Data excerpts:
.....
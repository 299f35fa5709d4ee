-- ===== src/Wifi/Events.antt =====
-- The events of WiFiClass (libraries/EpoxyMockWiFi/WiFi.cpp): their queue, their handlers, and the
-- service that pump() runs. What a handler does comes after the call that is answered here.
use epoxy_duino.Base.{
  ℕ, ◌+◌, ◌-◌, ◌%◌, ◌^◌, Bool, true, false, ◌||◌, not, if◌then◌else◌, ltb, ◌==◌, List, [], ◌∷◌,
  ◌++◌, Option, none, some,
}
use epoxy_duino.Wifi.State.{Wifi, EventInfo, scan_done, event_scan_done, event_max}

-- A call of the handler, of the handler with the info, or of a callback.
pub data HandlerCall : Type 0 where
  plain : ℕ → ℕ → HandlerCall
  with_info : ℕ → ℕ → EventInfo → HandlerCall
  callback : ℕ → ℕ → HandlerCall

unfoldable pub callback_calls : ℕ → List (ℕ × Option ℕ) → List HandlerCall
callback_calls event [] = []
callback_calls event ((wanted, none) ∷ cbs) = callback_calls event cbs
callback_calls event ((wanted, some f) ∷ cbs) =
    let rest = callback_calls event cbs in
    if wanted == event_max || wanted == event then callback f event ∷ rest else rest

abbrev pub plain_calls : ℕ → Option ℕ → List HandlerCall
plain_calls event none = []
plain_calls event (some f) = plain f event ∷ []

abbrev pub info_calls : ℕ → EventInfo → Option ℕ → List HandlerCall
info_calls event info none = []
info_calls event info (some f) = with_info f event info ∷ []

unfoldable pub emit_event : ℕ → EventInfo → Wifi → List HandlerCall
unfolding callback_calls
emit_event event info w =
    plain_calls event w.event_handler
    ++ (info_calls event info w.event_handler_info ++ callback_calls event w.event_callbacks)

abbrev pub is_set {ℓ} : {A : Type ℓ} → Option A → Bool
is_set none = false
is_set (some a) = true

abbrev pub has_any {ℓ} : {A : Type ℓ} → List A → Bool
has_any [] = false
has_any (a ∷ l) = true

abbrev pub has_handler : Wifi → Bool
has_handler w = is_set w.event_handler || is_set w.event_handler_info || has_any w.event_callbacks

-- An event for which nobody has registered is dropped. `due_at` is a uint32_t.
unfoldable pub queue_event : ℕ → ℕ → EventInfo → ℕ → Wifi → Wifi
queue_event now event info delay_ms w =
    if has_handler w
    then record w {
      pending_events =
          w.pending_events
          ++ record { event = event; info = info; due_at = (now + delay_ms) % 2 ^ 32 } ∷ [];
    }
    else w

-- !((long)(millis() - at) < 0), where millis() and long have 64 bits
abbrev pub is_due : ℕ → ℕ → Bool
is_due now at = ltb ((now + 2 ^ 64 - at) % 2 ^ 64) (2 ^ 63)

unfoldable pub service_pending_events : ℕ → Wifi → List HandlerCall × Wifi
unfolding emit_event
service_pending_events now w = elim w.pending_events [
  | [] ↦ ([], w)
  | pending ∷ later ↦
      if is_due now pending.due_at
      then (emit_event pending.event pending.info w, record w { pending_events = later })
      else ([], w)
]

-- static_cast<uint32_t> of an int8_t
abbrev pub extend_int8 : ℕ → ℕ
extend_int8 n = if ltb n 128 then n else 2 ^ 32 - 256 + n

unfoldable pub service_async_scan : ℕ → Wifi → Wifi
unfolding queue_event
service_async_scan now w =
    if not w.scan_in_progress
    then w
    else if not (is_due now w.scan_ready_at)
    then w
    else queue_event now event_scan_done (scan_done (extend_int8 w.scan_result_count)) 0
        (record w { scan_in_progress = false; scan_has_result = true })

-- _yieldServiceCallback()
unfoldable pub yield_service : ℕ → Wifi → List HandlerCall × Wifi
unfolding service_async_scan service_pending_events
yield_service now w = service_pending_events now (service_async_scan now w)

unfoldable pub on_event : Option ℕ → Wifi → Wifi
on_event handler w = record w { event_handler = handler }

unfoldable pub on_event_callback : Option ℕ → ℕ → Wifi → Wifi
on_event_callback f event w = record w { event_callbacks = w.event_callbacks ++ (event, f) ∷ [] }

unfoldable pub on_event_info : Option ℕ → Wifi → Wifi
on_event_info handler w = record w { event_handler_info = handler }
.....
What the task requires: Your answer must consist solely of the lines from the top of the entries above through the line containing "plain_calls event none = []", copied exactly, both ends included.

Response below:
repository 299f35fa5709d4ee
-- ===== src/Wifi/Events.antt =====
-- The events of WiFiClass (libraries/EpoxyMockWiFi/WiFi.cpp): their queue, their handlers, and the
-- service that pump() runs. What a handler does comes after the call that is answered here.
use epoxy_duino.Base.{
  ℕ, ◌+◌, ◌-◌, ◌%◌, ◌^◌, Bool, true, false, ◌||◌, not, if◌then◌else◌, ltb, ◌==◌, List, [], ◌∷◌,
  ◌++◌, Option, none, some,
}
use epoxy_duino.Wifi.State.{Wifi, EventInfo, scan_done, event_scan_done, event_max}

-- A call of the handler, of the handler with the info, or of a callback.
pub data HandlerCall : Type 0 where
  plain : ℕ → ℕ → HandlerCall
  with_info : ℕ → ℕ → EventInfo → HandlerCall
  callback : ℕ → ℕ → HandlerCall

unfoldable pub callback_calls : ℕ → List (ℕ × Option ℕ) → List HandlerCall
callback_calls event [] = []
callback_calls event ((wanted, none) ∷ cbs) = callback_calls event cbs
callback_calls event ((wanted, some f) ∷ cbs) =
    let rest = callback_calls event cbs in
    if wanted == event_max || wanted == event then callback f event ∷ rest else rest

abbrev pub plain_calls : ℕ → Option ℕ → List HandlerCall
plain_calls event none = []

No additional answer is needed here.